Of the entries that follow, how many lines hold the string "there"? Write the number and nothing more.

(INFORMATION GIVEN Opens)

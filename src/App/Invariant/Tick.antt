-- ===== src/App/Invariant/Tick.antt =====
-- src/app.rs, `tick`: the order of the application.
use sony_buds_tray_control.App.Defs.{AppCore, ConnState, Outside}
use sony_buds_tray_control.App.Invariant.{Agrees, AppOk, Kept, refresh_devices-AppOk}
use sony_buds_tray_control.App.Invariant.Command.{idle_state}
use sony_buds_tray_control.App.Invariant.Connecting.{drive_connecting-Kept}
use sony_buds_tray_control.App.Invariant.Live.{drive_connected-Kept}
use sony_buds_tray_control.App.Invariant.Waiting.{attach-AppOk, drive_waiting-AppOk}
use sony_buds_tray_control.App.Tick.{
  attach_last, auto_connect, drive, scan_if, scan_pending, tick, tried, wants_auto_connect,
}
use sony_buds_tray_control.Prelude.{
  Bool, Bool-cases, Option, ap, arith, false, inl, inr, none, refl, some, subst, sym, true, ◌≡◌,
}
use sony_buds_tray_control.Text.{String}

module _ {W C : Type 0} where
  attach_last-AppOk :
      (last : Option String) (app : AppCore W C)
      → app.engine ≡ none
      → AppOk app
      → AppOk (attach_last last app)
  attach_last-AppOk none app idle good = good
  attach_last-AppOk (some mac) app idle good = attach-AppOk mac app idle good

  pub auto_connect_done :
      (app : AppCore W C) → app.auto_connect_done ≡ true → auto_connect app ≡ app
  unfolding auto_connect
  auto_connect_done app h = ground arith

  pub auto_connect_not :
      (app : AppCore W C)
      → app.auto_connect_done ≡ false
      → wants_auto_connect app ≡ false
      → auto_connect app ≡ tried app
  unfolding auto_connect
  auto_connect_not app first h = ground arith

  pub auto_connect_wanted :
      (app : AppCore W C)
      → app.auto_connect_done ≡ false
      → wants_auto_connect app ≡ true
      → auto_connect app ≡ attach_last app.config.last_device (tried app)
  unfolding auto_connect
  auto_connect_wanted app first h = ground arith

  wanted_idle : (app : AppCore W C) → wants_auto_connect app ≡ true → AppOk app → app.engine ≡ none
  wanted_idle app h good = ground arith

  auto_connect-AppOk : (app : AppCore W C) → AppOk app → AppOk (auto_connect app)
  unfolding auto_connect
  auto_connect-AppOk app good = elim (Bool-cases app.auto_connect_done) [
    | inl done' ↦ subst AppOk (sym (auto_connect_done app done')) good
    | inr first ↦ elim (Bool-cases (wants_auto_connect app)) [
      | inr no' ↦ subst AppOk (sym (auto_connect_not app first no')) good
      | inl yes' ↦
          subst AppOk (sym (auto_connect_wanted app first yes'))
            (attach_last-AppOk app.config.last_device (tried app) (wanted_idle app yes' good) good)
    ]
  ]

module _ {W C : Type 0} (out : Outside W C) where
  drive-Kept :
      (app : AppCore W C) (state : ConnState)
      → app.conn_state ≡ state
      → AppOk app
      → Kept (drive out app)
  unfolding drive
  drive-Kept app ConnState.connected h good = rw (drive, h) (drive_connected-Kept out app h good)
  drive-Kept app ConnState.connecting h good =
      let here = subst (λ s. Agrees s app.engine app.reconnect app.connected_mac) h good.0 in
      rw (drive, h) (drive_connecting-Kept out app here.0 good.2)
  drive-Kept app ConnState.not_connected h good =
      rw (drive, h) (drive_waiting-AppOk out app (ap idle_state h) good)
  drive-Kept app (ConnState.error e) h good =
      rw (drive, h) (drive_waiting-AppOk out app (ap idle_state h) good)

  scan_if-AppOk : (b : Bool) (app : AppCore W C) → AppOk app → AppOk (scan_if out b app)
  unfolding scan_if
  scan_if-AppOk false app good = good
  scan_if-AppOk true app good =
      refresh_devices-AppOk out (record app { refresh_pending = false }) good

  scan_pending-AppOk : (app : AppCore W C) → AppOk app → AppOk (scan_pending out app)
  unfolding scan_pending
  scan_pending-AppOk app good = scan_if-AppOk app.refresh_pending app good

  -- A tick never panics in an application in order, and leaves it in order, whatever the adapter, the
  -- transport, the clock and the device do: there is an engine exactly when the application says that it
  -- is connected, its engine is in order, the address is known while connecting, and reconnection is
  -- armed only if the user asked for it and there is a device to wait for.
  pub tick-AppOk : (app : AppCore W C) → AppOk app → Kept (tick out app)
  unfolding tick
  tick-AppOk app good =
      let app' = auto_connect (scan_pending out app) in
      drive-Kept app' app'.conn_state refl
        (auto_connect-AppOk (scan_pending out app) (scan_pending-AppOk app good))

(INFORMATION GIVEN Closes)
(INFORMATION GIVEN Opens)

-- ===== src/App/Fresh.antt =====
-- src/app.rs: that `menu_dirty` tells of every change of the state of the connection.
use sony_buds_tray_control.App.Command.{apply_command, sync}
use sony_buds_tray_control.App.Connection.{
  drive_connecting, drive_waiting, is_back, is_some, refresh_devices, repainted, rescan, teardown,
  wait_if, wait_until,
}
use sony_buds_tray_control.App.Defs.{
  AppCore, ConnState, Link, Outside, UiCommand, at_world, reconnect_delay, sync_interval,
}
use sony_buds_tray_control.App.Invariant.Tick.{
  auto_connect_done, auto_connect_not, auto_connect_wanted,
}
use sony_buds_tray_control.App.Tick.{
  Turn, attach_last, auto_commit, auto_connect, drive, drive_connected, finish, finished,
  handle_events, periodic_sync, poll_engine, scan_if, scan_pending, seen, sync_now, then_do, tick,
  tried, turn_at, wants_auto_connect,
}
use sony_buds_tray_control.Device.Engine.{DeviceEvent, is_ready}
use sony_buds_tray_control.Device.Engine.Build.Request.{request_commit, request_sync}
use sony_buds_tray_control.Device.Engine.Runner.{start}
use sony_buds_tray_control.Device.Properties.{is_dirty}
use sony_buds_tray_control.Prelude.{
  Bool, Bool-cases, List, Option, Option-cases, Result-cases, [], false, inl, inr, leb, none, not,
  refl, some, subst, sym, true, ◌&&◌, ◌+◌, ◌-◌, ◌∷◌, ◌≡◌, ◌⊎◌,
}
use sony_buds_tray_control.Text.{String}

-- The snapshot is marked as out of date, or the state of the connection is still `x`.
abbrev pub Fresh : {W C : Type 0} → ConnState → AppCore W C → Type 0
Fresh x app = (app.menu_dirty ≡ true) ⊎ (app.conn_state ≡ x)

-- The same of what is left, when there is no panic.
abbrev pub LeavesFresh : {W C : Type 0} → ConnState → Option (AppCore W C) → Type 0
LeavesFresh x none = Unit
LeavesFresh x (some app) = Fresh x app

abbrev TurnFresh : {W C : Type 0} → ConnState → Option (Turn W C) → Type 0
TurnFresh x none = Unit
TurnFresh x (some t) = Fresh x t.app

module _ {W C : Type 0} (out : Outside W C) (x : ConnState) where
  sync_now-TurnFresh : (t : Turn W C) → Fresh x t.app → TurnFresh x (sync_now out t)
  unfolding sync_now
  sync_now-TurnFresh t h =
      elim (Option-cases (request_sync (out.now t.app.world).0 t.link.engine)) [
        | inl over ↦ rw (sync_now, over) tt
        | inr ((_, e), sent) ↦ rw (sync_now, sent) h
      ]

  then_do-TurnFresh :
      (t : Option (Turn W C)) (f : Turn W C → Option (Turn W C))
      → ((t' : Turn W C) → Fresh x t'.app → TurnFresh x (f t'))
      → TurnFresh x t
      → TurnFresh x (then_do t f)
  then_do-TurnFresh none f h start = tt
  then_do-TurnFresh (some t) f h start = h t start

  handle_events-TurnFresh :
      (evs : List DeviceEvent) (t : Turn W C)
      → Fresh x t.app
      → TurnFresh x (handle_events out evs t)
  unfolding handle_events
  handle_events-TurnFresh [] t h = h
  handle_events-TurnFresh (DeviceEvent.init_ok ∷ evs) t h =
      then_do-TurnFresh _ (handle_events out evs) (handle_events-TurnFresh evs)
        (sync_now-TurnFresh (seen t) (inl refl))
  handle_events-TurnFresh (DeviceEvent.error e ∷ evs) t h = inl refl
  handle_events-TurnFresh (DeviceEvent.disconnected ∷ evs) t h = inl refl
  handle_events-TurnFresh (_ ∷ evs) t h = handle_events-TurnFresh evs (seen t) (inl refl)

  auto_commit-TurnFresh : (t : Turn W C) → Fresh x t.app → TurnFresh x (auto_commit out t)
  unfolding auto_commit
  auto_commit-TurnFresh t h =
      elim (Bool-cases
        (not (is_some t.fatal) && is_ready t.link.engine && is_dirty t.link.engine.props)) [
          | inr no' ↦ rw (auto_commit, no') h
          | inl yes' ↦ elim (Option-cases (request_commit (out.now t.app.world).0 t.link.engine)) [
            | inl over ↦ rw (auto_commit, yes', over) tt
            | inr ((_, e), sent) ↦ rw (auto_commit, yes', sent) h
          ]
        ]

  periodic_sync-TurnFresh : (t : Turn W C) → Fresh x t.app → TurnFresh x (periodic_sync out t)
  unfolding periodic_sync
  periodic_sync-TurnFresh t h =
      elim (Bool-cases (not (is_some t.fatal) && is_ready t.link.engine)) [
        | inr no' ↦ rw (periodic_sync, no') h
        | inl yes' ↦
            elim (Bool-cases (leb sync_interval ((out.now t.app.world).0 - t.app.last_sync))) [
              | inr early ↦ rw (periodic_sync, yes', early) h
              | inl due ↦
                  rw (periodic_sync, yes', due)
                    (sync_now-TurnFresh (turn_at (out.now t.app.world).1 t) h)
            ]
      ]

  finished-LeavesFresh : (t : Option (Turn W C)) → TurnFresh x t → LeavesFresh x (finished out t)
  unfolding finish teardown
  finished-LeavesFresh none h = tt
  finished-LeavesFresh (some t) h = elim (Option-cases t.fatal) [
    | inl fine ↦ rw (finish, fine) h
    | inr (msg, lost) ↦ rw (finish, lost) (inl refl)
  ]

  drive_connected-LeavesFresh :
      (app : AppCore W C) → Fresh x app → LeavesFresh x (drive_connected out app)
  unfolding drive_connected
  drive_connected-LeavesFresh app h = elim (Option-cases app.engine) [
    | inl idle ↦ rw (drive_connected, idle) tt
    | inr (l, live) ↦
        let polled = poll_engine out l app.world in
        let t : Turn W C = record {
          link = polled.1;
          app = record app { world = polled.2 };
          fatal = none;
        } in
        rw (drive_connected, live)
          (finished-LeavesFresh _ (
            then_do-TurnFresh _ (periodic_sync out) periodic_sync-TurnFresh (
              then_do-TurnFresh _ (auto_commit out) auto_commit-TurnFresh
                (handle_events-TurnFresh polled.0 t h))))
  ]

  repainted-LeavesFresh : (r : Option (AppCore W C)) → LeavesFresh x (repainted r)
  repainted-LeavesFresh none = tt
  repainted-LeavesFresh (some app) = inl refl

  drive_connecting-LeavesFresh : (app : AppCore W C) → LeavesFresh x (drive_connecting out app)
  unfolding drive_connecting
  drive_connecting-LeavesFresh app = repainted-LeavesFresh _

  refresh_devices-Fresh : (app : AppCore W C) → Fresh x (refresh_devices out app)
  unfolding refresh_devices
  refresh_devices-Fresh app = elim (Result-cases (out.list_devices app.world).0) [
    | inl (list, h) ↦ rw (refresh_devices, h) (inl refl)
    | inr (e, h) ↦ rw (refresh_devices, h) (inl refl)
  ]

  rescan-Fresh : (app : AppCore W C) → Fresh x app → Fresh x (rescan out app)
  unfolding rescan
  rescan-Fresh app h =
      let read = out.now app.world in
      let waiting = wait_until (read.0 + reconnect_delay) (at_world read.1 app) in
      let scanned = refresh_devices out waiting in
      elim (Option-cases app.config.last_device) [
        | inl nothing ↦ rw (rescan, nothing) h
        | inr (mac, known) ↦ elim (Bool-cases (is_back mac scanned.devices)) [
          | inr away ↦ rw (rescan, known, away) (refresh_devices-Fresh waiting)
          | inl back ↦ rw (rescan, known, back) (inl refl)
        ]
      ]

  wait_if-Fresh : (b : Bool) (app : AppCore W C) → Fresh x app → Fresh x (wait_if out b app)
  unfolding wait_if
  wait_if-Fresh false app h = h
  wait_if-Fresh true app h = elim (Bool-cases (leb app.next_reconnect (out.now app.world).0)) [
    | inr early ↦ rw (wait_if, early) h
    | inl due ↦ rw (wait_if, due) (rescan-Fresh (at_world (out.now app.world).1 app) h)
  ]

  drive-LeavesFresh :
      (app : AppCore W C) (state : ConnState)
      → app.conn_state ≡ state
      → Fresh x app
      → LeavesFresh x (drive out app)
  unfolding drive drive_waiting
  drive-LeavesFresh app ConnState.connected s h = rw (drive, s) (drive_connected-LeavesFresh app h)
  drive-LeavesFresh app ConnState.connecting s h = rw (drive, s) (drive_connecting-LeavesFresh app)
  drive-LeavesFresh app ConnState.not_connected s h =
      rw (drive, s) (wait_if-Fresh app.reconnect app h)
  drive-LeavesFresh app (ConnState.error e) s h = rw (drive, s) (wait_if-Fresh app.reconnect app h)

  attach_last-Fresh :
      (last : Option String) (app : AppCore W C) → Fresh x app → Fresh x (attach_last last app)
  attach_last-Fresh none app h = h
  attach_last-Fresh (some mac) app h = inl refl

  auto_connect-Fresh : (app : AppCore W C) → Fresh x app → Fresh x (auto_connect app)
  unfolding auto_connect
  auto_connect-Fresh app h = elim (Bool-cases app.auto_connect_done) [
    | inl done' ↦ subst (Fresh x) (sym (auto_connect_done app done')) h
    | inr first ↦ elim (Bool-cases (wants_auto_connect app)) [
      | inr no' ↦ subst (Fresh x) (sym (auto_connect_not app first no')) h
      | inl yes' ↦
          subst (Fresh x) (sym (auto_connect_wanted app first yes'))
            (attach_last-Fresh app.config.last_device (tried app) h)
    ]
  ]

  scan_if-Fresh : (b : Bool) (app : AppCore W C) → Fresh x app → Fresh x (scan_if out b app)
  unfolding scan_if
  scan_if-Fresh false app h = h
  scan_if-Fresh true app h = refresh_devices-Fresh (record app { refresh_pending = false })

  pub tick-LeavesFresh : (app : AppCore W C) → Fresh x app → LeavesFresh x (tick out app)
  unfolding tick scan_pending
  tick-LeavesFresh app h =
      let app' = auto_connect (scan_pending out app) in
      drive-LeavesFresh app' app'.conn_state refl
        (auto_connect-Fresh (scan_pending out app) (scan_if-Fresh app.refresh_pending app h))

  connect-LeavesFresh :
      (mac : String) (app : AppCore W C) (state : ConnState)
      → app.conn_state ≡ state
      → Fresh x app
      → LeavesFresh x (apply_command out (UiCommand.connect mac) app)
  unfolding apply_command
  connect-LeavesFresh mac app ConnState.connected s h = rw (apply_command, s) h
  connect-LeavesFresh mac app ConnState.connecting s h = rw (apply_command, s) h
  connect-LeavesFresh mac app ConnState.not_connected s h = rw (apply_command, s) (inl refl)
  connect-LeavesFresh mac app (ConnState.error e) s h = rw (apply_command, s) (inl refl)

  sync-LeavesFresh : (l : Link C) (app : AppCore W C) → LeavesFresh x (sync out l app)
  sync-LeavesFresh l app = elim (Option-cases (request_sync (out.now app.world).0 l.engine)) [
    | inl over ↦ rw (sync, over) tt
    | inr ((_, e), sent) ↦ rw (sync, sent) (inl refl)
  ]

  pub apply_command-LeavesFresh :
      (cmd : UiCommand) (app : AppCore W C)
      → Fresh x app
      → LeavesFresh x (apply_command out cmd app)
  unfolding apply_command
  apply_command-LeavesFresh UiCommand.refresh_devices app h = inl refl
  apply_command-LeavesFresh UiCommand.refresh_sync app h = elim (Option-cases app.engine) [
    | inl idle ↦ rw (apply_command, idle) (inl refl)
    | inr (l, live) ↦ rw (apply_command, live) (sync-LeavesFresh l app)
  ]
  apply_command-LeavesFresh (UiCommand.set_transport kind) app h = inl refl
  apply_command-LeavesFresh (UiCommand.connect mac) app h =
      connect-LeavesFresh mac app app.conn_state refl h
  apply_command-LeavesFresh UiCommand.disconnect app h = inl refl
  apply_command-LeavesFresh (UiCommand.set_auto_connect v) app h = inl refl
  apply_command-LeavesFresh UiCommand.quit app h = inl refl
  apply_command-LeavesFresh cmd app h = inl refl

(INFORMATION GIVEN Closes)
(INFORMATION GIVEN Opens)

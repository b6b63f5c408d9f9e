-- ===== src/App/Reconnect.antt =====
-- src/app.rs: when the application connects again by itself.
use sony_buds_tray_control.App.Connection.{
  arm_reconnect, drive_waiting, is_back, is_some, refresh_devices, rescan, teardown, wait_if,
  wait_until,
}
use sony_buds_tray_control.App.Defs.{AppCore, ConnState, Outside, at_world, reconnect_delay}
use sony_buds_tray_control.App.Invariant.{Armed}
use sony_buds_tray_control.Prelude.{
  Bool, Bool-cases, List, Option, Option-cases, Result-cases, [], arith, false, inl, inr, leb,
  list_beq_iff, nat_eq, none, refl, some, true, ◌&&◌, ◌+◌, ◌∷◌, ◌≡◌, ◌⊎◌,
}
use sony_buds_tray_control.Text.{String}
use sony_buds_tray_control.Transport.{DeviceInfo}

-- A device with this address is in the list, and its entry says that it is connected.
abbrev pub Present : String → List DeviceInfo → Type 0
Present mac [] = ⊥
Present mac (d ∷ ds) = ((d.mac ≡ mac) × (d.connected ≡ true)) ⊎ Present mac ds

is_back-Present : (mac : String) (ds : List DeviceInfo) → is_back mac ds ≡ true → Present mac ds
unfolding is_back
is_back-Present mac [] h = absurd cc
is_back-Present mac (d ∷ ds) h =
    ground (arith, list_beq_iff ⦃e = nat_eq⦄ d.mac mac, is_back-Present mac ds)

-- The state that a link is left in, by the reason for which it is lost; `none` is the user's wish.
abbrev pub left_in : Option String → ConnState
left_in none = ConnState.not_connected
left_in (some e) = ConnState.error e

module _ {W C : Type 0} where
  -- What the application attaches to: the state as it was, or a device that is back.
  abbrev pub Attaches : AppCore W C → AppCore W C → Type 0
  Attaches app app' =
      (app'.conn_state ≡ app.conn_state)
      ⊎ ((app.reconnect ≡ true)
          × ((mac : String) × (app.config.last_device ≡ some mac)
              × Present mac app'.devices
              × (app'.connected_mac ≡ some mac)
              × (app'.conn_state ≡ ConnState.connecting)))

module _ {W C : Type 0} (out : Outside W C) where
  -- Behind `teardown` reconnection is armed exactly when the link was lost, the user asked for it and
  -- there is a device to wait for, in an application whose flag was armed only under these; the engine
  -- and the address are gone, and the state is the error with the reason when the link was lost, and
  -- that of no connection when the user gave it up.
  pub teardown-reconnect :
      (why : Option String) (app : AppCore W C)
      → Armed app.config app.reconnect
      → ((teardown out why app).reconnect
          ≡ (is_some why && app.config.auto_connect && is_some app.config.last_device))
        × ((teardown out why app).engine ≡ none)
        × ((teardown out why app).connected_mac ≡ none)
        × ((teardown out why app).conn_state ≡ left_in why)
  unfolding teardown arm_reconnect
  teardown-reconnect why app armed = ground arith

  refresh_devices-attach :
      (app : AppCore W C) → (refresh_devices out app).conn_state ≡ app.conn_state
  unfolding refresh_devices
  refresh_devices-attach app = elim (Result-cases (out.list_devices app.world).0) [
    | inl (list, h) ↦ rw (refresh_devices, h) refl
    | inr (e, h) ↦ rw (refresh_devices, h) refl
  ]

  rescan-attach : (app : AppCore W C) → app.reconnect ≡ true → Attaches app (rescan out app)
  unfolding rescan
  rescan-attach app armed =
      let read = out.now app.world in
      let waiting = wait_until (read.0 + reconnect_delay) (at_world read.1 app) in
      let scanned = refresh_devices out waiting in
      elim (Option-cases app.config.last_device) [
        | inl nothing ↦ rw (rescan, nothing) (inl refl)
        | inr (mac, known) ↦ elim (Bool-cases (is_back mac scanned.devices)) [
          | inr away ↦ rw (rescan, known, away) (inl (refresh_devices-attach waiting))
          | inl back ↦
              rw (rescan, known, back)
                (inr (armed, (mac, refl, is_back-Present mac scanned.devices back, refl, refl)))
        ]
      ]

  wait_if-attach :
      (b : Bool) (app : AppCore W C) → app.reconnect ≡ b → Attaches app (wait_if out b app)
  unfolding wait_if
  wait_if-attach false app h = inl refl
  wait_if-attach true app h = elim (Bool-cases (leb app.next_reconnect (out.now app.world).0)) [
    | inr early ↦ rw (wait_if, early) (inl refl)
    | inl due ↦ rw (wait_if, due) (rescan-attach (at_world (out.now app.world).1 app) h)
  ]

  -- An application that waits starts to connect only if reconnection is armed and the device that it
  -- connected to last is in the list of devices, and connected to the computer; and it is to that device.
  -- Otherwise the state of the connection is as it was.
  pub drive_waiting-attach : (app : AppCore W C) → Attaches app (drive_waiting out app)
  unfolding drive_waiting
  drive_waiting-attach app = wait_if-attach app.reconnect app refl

(INFORMATION GIVEN Closes)

EXERCISE ANSWER =
4